To the OP definitely dont start experimenting with different sruff on the longest ride of your life. If you havent time to test on a long ride beforehand stick with what you know.

Really interesting link to the Sports Science site. I have suffered cramps after about 3 to 4 hrs riding a few times and and was convinced I needed extra salt. Handfulls of salted nuts now and then seem to have helped but maybe thats just coincidental.

Up to now I have only used plain water and the odd sports gel on longer rides with hills.Getting most of my energy from ordinary food. I wonder if using an energy drink would help me keep up a higher speed? I seem to be able to keep going all day but not at a fast speed.


----------



## e-rider (15 Jul 2010)

I would definitely agree that some drinks/bars/gels give people a dodgy stomach - I've heard this so many times.
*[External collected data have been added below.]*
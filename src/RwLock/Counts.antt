-- ===== src/RwLock/Counts.antt =====
-- The counters of the lock count the threads that they should, whatever the threads do.
use libblocxx_deb.Prelude.{
  ℕ, ◌+◌, ◌≤◌, ◌≡◌, refl, sym, ◌∙◌, ◌⊎◌, Bool, true, false, ◌||◌, not, Option, none, some, map,
  arith, get_elem?,
}
use libblocxx_deb.RwLock.Defs.{
  LockerInfo, is_reader, is_writer, Call, running, reading, writing, upgrading, Outcome,
  assertion_exception, Thread, Lock, put, wake_reader, wake_writer, notify_readers, notify_writers,
  notify_one_writer, wake_at,
}
use libblocxx_deb.RwLock.Tally.{tally, tally-set, tally-map, tally_member}

abbrev count : Bool → ℕ
count true = 1
count false = 0

-- A thread with only a read lock, which it is not upgrading.
abbrev pub reader_as : Call → Option LockerInfo → ℕ
reader_as upgrading _ = 0
reader_as _ none = 0
reader_as _ (some ti) = count (not (is_writer ti))

abbrev pub reads : Thread → ℕ
reads t = reader_as t.call t.info

abbrev pub owner_as : Option LockerInfo → ℕ
owner_as none = 0
owner_as (some ti) = count (is_writer ti)

-- A thread with the write lock.
abbrev pub owns : Thread → ℕ
owns t = owner_as t.info

abbrev pub upgrader_as : Call → ℕ
upgrader_as upgrading = 1
upgrader_as _ = 0

abbrev pub upgrades : Thread → ℕ
upgrades t = upgrader_as t.call

-- What no thread is in: an entry that counts nothing, a wait with the wrong entry.
abbrev misfit : Call → Option LockerInfo → ℕ
misfit running none = 0
misfit running (some ti) = count (not (is_reader ti || is_writer ti))
misfit upgrading none = 1
misfit upgrading (some ti) = count (not (is_reader ti) || is_writer ti)
misfit reading none = 0
misfit reading (some ti) = 1
misfit writing none = 0
misfit writing (some ti) = 1

abbrev failed : Outcome → ℕ
failed assertion_exception = 1
failed _ = 0

abbrev pub fault : Thread → ℕ
fault t = misfit t.call t.info + failed t.outcome

abbrev depth_as : Option LockerInfo → ℕ
depth_as none = 0
depth_as (some ti) = ti.read_count + ti.write_count

-- How often a thread has the lock.
abbrev pub depth : Thread → ℕ
depth t = depth_as t.info

pub record Inv (k : ℕ) (s : Lock) : Type 0 where
  pub readers : s.num_readers ≡ tally reads s.threads
  pub writers : s.num_writers ≡ tally owns s.threads + tally upgrades s.threads
  pub single : s.num_writers ≤ 1
  pub exclusive : (tally owns s.threads ≡ 0) ⊎ (s.num_readers ≡ 0)
  pub sound : tally fault s.threads ≡ 0
  pub nested : tally depth s.threads ≤ k
  pub few : s.num_readers + s.num_writers ≤ k

-- What thread `i` is counted for is in the sums.
pub record Counted (t : Thread) (s : Lock) : Type 0 where
  pub reads_in : reads t ≤ tally reads s.threads
  pub owns_in : owns t ≤ tally owns s.threads
  pub upgrades_in : upgrades t ≤ tally upgrades s.threads
  pub fault_in : fault t ≤ tally fault s.threads
  pub depth_in : depth t ≤ tally depth s.threads

pub member-Counted : (i : ℕ) (t : Thread) (s : Lock) → get_elem? s.threads i ≡ some t → Counted t s
member-Counted i t s h = record {
  reads_in = tally_member reads s.threads i t h;
  owns_in = tally_member owns s.threads i t h;
  upgrades_in = tally_member upgrades s.threads i t h;
  fault_in = tally_member fault s.threads i t h;
  depth_in = tally_member depth s.threads i t h;
}

-- A change of one thread and of the counters to match keeps the invariant.
pub put-Inv :
    (k m i : ℕ) (t u : Thread) (s r : Lock)
    → get_elem? s.threads i ≡ some t
    → Inv k s
    → r.threads ≡ s.threads
    → r.num_readers + reads t ≡ s.num_readers + reads u
    → r.num_writers + owns t + upgrades t ≡ s.num_writers + owns u + upgrades u
    → r.num_writers ≤ 1
    → (tally owns s.threads + owns u ≡ owns t) ⊎ (r.num_readers ≡ 0)
    → fault u ≡ 0
    → tally depth s.threads + depth u ≤ m + depth t
    → r.num_readers + r.num_writers ≤ m
    → Inv m (put i u r)
put-Inv k m i t u s r g v e hr hw h1 hx hf hd hk = record {
  readers = rw e (omega (arith, v.readers, tally-set reads s.threads i t u g));
  writers = rw e (
      omega
        (arith, v.writers, tally-set owns s.threads i t u g, tally-set upgrades s.threads i t u g));
  single = h1;
  exclusive = rw e (ground (arith, tally-set owns s.threads i t u g));
  sound = rw e (omega (arith, v.sound, tally-set fault s.threads i t u g));
  nested = rw e (omega (arith, v.nested, tally-set depth s.threads i t u g));
  few = hk;
}

-- A notification changes no sum.
tallies-Inv :
    (k : ℕ) (s : Lock) (g : Thread → Thread)
    → ((t : Thread) → (g t).call ≡ t.call)
    → ((t : Thread) → (g t).info ≡ t.info)
    → ((t : Thread) → (g t).outcome ≡ t.outcome)
    → Inv k s
    → Inv k (record s { threads = map g s.threads })
tallies-Inv k s g hc hi ho v = record {
  readers = v.readers ∙ sym (tally-map reads g s.threads (λ t. rw (hc t, hi t) refl));
  writers = ground (
    arith,
    v.writers,
    tally-map owns g s.threads (λ t. rw (hi t) refl),
    tally-map upgrades g s.threads (λ t. rw (hc t) refl),
  );
  single = v.single;
  exclusive = rw (tally-map owns g s.threads (λ t. rw (hi t) refl)) v.exclusive;
  sound = tally-map fault g s.threads (λ t. rw (hc t, hi t, ho t) refl) ∙ v.sound;
  nested = rw (tally-map depth g s.threads (λ t. rw (hi t) refl)) v.nested;
  few = v.few;
}

wake_reader_call : (t : Thread) → (wake_reader t).call ≡ t.call
wake_reader_call t = ground arith

wake_reader_info : (t : Thread) → (wake_reader t).info ≡ t.info
wake_reader_info t = ground arith

wake_reader_outcome : (t : Thread) → (wake_reader t).outcome ≡ t.outcome
wake_reader_outcome t = ground arith

wake_writer_call : (t : Thread) → (wake_writer t).call ≡ t.call
wake_writer_call t = ground arith

wake_writer_info : (t : Thread) → (wake_writer t).info ≡ t.info
wake_writer_info t = ground arith

wake_writer_outcome : (t : Thread) → (wake_writer t).outcome ≡ t.outcome
wake_writer_outcome t = ground arith

pub notify_readers-Inv : (k : ℕ) (s : Lock) → Inv k s → Inv k (notify_readers s)
unfolding notify_readers
notify_readers-Inv k s v =
    tallies-Inv k s wake_reader wake_reader_call wake_reader_info wake_reader_outcome v

pub notify_writers-Inv : (k : ℕ) (s : Lock) → Inv k s → Inv k (notify_writers s)
unfolding notify_writers
notify_writers-Inv k s v =
    tallies-Inv k s wake_writer wake_writer_call wake_writer_info wake_writer_outcome v

-- A thread that wakes stays counted as it was.
pub wake-Inv :
    (k i : ℕ) (t u : Thread) (s : Lock)
    → get_elem? s.threads i ≡ some t
    → u.call ≡ t.call
    → u.info ≡ t.info
    → u.outcome ≡ t.outcome
    → Inv k s
    → Inv k (put i u s)
wake-Inv k i t u s g ec ei eo v =
    put-Inv k k i t u s s g v refl (rw (ec, ei) refl) (rw (ec, ei) refl) v.single
      (rw ei (ground (arith, member-Counted i t s g, v)))
      (rw (ec, ei, eo) (ground (arith, member-Counted i t s g, v))) (rw ei (ground (arith, v)))
      v.few

wake_at-Inv :
    (k j : ℕ) (o : Option Thread) (s : Lock)
    → get_elem? s.threads j ≡ o
    → Inv k s
    → Inv k (wake_at j o s)
wake_at-Inv k j none s g v = v
wake_at-Inv k j (some t) s g v =
    wake-Inv k j t (wake_writer t) s g (wake_writer_call t) (wake_writer_info t)
      (wake_writer_outcome t) v

pub notify_one_writer-Inv : (k j : ℕ) (s : Lock) → Inv k s → Inv k (notify_one_writer j s)
unfolding notify_one_writer
notify_one_writer-Inv k j s v = wake_at-Inv k j (get_elem? s.threads j) s refl v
Best to try some out on a training ride when you're on your own so you can get in the hedgerow if need be  .


----------



## willhub (15 Jul 2010)

I've got a proper strong stomach, your insides would fall out with some of the stuff I'm happy to eat 

It's only about 5 miles longer than it was last year (175 miles Vs 180 miles), and I used gels and all that then, just I bought em all separate and wanted to get boxes of stuff this year but was unsure what.

I'm not going to have any energy drink in time, so wondering if Ribena with added sugar would be good?


----------



## SatNavSaysStraightOn (15 Jul 2010)

willhub said:


> ...I'm not going to have any energy drink in time, so wondering if Ribena with added sugar would be good?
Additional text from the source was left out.